§ PROBLEM STATEMENT:
Select, from the data, each line where "plaintext" occurs.

[Data records]
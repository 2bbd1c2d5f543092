-- ===== src/Crypto.antt =====
-- golang.org/x/crypto and Go's crypto packages, which the program calls and does not implement: the
-- functions are fields of a record, and the laws that it relies on are those of another.
pub mod Sample
use reflex.Prelude.{ℕ, ◌+◌, ◌≡◌, Option, none, some, length}
use reflex.Prelude.Bytes.{Bytes}

-- `seal key nonce plaintext` and `unseal key nonce ciphertext` are chacha20poly1305 with no
-- additional data, `sum256` is SHA-256.
pub record Crypto : Type 0 where
  pub seal : Bytes → Bytes → Bytes → Bytes
  pub unseal : Bytes → Bytes → Bytes → Option Bytes
  pub sum256 : Bytes → Bytes

-- `chacha20poly1305.KeySize`, `NonceSize` and `Overhead`.
abbrev pub key_size : ℕ
key_size = 32

abbrev pub nonce_size : ℕ
nonce_size = 12

abbrev pub overhead : ℕ
overhead = 16

-- What is documented of an AEAD: it opens what it sealed, and a tag is added to the plaintext.
pub record CryptoLaws (c : Crypto) : Type 0 where
  pub unseal-seal : (key nonce p : Bytes) → c.unseal key nonce (c.seal key nonce p) ≡ some p
  pub length-seal : (key nonce p : Bytes) → length (c.seal key nonce p) ≡ length p + overhead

§ RESULT OF THIS TASK:
-- `seal key nonce plaintext` and `unseal key nonce ciphertext` are chacha20poly1305 with no
-- What is documented of an AEAD: it opens what it sealed, and a tag is added to the plaintext.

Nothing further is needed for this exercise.